Work to be completed →
When you reach the line containing "abbrev cleared : StateChannel" in the entries below, begin reproducing lines exactly, and stop once the line containing "clears : uninstall_transition" is done.
▽
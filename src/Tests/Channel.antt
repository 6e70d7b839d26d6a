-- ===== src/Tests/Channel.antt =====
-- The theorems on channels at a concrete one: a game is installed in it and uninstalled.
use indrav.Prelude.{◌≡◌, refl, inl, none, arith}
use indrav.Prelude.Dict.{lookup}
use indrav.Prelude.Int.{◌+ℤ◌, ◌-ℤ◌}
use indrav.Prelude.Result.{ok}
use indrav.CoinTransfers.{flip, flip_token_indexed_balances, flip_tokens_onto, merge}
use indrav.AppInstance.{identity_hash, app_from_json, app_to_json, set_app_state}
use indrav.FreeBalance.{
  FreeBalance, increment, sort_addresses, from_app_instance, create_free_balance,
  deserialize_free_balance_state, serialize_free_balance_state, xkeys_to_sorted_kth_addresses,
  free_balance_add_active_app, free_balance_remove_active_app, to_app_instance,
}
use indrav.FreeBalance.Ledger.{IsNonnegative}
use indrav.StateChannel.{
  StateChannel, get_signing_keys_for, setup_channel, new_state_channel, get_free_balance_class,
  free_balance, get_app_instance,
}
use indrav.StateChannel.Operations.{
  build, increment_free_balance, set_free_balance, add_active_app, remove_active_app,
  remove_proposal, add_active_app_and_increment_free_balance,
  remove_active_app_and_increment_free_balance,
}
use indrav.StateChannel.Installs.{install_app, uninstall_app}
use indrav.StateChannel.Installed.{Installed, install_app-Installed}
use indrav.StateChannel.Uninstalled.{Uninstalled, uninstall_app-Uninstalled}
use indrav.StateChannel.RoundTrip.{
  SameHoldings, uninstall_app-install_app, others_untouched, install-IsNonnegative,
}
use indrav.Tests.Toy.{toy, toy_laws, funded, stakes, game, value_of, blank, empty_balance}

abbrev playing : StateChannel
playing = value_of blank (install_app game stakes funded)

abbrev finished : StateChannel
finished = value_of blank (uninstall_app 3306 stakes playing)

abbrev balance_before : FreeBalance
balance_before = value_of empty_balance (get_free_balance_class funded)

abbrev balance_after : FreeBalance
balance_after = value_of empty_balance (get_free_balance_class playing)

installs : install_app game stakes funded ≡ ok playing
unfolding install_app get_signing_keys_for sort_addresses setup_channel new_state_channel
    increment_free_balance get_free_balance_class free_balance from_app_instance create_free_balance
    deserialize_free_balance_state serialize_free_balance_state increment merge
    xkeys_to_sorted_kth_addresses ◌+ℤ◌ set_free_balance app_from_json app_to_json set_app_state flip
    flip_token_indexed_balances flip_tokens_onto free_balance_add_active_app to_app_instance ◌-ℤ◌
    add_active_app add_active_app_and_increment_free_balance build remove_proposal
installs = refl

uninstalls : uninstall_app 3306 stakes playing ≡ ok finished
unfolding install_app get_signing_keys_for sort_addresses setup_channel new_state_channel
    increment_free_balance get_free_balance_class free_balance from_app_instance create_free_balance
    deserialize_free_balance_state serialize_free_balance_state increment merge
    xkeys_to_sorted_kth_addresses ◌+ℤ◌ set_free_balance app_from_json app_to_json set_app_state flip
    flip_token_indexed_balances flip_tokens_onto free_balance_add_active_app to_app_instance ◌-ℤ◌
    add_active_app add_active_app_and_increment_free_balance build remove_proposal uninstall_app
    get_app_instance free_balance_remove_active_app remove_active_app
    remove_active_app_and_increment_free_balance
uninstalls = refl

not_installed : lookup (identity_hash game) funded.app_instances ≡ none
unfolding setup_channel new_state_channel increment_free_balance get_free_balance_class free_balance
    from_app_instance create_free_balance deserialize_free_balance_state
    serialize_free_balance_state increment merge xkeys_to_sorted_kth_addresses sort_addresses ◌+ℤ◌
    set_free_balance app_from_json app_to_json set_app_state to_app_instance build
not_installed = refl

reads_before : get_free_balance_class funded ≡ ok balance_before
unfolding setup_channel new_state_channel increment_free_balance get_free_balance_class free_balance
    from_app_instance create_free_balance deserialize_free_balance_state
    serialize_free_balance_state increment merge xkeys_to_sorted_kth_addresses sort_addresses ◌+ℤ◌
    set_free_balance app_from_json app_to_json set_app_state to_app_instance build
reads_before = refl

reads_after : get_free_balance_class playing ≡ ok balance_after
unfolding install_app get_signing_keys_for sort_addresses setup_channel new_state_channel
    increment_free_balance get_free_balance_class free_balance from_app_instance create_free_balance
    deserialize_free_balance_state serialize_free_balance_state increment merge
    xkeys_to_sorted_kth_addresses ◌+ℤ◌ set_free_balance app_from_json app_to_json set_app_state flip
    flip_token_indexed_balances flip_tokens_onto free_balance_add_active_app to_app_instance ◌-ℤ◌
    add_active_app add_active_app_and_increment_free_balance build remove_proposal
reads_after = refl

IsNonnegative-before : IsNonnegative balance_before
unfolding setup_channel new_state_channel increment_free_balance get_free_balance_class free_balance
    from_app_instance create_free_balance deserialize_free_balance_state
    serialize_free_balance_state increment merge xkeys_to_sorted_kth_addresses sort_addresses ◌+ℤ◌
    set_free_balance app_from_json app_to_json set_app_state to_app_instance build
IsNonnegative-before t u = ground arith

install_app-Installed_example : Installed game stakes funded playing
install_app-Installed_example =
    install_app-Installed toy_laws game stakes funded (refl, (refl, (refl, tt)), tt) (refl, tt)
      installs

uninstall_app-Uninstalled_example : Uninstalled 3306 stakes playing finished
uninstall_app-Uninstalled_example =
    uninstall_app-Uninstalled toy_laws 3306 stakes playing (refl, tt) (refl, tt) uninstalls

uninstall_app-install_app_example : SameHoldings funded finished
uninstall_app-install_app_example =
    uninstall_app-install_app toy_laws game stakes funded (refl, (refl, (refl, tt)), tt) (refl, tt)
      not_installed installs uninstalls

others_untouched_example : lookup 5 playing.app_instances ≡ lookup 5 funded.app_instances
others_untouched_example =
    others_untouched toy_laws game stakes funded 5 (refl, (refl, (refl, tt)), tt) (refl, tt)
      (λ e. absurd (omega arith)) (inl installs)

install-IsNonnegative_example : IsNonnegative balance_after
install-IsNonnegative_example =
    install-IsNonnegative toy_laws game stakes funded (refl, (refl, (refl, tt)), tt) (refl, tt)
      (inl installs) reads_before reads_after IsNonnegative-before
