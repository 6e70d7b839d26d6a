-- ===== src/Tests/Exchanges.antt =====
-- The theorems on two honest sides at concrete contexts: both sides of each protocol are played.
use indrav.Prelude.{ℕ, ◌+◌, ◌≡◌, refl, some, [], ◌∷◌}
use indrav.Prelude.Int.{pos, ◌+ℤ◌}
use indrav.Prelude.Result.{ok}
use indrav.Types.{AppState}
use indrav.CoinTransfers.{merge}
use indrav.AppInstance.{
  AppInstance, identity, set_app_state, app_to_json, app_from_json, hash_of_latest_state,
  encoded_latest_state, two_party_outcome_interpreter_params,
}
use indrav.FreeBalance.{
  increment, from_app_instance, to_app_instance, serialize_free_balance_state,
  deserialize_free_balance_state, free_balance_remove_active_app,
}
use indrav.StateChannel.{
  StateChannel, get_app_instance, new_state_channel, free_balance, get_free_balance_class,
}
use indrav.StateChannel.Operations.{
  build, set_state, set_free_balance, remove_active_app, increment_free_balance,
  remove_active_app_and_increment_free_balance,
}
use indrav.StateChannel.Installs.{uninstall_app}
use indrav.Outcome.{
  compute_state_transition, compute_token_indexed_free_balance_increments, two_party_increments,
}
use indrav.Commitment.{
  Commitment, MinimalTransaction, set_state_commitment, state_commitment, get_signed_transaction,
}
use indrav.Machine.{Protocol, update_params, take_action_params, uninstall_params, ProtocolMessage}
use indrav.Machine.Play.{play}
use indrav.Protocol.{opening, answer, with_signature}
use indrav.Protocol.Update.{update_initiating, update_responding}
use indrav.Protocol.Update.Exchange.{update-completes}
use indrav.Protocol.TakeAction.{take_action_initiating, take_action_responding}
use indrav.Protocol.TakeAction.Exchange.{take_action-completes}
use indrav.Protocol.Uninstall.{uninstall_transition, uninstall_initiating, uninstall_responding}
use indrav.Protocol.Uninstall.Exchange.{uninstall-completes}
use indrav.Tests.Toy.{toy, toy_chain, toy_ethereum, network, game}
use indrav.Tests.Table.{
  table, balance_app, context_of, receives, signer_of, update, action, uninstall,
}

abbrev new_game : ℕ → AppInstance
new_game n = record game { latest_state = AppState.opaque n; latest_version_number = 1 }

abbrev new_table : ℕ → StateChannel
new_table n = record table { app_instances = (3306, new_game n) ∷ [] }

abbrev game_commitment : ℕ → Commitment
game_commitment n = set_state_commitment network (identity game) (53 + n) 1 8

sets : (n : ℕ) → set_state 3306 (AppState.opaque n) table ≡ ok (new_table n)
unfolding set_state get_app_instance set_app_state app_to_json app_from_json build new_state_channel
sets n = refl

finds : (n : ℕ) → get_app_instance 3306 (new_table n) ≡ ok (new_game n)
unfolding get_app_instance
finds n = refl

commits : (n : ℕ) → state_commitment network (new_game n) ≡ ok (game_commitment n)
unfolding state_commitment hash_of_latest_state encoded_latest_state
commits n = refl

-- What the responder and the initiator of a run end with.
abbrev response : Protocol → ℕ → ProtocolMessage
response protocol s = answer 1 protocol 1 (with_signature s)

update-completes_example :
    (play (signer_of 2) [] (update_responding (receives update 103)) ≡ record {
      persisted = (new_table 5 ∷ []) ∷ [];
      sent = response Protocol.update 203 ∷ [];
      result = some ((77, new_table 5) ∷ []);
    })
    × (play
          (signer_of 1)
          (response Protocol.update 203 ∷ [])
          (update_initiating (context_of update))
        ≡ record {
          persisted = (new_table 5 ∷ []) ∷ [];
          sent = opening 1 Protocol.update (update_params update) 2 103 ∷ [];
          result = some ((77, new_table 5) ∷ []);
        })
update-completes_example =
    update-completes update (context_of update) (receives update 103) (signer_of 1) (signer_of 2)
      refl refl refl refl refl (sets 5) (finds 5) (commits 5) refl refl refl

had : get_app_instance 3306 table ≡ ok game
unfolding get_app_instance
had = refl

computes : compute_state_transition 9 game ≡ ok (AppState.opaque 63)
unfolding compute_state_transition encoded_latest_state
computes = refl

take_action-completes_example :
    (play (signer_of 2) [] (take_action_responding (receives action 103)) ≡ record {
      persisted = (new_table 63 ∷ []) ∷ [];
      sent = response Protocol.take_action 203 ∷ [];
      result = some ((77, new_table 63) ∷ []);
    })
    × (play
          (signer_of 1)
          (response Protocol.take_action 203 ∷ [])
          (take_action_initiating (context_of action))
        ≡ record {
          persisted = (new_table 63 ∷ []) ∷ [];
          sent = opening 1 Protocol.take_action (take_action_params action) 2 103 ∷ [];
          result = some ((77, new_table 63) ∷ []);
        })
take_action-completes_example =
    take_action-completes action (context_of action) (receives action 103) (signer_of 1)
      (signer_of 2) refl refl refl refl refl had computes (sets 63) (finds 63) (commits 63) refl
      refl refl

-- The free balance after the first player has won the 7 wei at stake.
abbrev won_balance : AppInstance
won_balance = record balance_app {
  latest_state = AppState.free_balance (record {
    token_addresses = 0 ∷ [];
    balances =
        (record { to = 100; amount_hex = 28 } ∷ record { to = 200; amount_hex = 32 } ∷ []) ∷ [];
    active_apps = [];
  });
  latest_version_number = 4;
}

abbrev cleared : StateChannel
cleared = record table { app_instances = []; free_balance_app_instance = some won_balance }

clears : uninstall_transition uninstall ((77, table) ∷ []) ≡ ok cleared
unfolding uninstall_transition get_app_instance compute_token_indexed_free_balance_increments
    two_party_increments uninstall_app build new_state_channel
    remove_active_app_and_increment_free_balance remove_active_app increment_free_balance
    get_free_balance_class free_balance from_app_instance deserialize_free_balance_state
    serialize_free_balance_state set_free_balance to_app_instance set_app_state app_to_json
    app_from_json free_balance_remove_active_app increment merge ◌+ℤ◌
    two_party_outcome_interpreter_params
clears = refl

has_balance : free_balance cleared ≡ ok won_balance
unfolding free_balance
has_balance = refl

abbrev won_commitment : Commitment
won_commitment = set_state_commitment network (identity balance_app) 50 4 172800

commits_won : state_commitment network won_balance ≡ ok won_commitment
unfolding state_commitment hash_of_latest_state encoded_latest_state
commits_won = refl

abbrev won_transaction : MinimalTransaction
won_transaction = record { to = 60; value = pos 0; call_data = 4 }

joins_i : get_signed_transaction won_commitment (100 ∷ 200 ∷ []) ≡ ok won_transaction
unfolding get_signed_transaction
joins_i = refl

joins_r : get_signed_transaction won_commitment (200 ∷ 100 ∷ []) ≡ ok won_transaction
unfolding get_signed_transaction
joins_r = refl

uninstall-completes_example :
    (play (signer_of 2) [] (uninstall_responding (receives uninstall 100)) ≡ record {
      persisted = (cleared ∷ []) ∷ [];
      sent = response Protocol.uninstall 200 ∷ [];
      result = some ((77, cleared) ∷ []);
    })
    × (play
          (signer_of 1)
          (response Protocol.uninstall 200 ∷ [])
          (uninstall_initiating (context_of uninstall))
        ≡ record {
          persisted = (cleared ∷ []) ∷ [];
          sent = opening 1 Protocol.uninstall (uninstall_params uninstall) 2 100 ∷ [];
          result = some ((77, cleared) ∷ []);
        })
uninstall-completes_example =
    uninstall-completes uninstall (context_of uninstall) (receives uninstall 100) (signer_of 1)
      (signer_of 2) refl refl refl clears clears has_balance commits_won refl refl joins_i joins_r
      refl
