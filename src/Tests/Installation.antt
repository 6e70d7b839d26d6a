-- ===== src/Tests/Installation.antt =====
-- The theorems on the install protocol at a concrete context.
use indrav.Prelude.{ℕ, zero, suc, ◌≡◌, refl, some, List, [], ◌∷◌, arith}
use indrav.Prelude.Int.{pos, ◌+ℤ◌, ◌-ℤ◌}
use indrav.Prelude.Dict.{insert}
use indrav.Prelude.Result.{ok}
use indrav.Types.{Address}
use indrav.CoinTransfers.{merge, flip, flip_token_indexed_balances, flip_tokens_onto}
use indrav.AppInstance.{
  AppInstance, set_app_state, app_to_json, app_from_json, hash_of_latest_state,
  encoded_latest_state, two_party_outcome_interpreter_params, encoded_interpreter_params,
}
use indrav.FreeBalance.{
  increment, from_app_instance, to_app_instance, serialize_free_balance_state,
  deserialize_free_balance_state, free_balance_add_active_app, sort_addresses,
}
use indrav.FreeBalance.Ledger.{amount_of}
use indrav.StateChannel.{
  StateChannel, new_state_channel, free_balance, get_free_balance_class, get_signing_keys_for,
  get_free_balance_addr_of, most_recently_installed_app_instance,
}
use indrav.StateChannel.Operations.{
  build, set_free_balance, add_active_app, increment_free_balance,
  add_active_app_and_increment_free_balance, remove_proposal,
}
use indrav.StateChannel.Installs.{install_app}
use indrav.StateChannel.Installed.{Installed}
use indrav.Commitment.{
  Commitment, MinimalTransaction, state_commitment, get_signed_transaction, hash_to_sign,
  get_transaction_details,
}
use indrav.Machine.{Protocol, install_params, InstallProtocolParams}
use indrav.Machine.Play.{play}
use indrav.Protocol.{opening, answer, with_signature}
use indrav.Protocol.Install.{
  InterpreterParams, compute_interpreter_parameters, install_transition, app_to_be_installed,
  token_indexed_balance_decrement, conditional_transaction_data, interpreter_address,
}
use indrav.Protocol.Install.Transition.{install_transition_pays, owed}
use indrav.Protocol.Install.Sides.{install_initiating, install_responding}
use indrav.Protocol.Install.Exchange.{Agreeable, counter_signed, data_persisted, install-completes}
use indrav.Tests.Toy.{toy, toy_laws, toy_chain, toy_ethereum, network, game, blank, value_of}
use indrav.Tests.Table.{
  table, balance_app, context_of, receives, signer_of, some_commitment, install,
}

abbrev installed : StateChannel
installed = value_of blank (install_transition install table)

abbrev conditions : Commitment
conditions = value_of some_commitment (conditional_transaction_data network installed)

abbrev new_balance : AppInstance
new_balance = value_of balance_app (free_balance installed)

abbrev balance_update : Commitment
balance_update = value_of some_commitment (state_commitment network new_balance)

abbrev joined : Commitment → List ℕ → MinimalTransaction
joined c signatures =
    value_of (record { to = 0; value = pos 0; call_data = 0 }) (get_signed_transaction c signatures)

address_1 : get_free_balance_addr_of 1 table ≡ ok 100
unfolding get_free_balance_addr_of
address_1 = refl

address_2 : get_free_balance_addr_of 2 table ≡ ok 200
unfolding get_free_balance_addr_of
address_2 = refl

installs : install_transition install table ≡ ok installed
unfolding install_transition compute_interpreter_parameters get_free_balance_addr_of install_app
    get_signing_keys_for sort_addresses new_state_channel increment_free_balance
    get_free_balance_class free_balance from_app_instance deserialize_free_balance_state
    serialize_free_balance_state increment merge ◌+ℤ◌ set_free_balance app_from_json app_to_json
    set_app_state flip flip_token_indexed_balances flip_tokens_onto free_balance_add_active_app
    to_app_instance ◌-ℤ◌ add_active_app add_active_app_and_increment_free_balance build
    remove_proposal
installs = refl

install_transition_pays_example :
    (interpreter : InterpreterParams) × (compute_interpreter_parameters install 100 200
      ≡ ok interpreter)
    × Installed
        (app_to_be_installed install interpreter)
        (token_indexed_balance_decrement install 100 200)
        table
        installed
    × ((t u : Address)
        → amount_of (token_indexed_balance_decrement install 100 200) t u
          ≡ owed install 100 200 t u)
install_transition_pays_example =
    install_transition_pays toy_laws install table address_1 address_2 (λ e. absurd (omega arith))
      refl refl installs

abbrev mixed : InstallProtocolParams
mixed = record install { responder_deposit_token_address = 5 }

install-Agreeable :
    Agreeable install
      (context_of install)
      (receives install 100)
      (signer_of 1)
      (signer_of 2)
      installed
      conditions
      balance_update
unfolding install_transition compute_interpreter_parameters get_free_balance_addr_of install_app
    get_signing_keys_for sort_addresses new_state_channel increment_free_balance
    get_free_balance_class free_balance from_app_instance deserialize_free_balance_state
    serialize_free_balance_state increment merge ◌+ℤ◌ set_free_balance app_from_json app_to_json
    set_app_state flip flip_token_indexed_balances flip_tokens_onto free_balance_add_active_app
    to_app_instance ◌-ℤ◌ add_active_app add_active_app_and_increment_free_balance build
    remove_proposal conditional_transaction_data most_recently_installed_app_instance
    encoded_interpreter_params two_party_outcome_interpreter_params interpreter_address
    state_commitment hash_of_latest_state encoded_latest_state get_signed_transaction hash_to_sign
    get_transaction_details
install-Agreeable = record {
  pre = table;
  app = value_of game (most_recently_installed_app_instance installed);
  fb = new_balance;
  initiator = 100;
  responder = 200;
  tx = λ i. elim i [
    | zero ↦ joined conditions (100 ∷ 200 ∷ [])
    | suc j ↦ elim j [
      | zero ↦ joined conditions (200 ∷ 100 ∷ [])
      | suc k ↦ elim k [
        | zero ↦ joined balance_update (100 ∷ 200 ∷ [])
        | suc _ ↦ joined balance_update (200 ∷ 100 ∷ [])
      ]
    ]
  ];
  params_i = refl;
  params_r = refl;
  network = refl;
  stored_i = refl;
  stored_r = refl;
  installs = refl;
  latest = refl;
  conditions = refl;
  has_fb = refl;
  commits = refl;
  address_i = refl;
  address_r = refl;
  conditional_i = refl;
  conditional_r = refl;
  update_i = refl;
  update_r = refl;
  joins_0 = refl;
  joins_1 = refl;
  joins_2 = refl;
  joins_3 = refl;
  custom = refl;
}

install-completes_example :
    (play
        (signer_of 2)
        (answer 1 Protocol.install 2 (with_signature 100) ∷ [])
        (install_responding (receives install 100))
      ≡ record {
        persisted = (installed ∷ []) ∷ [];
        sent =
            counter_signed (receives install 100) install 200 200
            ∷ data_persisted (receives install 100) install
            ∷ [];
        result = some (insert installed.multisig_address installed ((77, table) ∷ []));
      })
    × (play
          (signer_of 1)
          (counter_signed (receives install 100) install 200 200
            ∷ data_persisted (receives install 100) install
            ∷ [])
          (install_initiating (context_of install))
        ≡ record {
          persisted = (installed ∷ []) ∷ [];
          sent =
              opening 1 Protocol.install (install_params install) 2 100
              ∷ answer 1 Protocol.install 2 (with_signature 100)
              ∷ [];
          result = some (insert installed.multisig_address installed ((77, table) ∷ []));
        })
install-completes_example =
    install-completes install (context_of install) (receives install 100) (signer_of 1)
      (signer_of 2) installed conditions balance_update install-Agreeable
△
Solution to the exercise →
abbrev cleared : StateChannel
cleared = record table { app_instances = []; free_balance_app_instance = some won_balance }

clears : uninstall_transition uninstall ((77, table) ∷ []) ≡ ok cleared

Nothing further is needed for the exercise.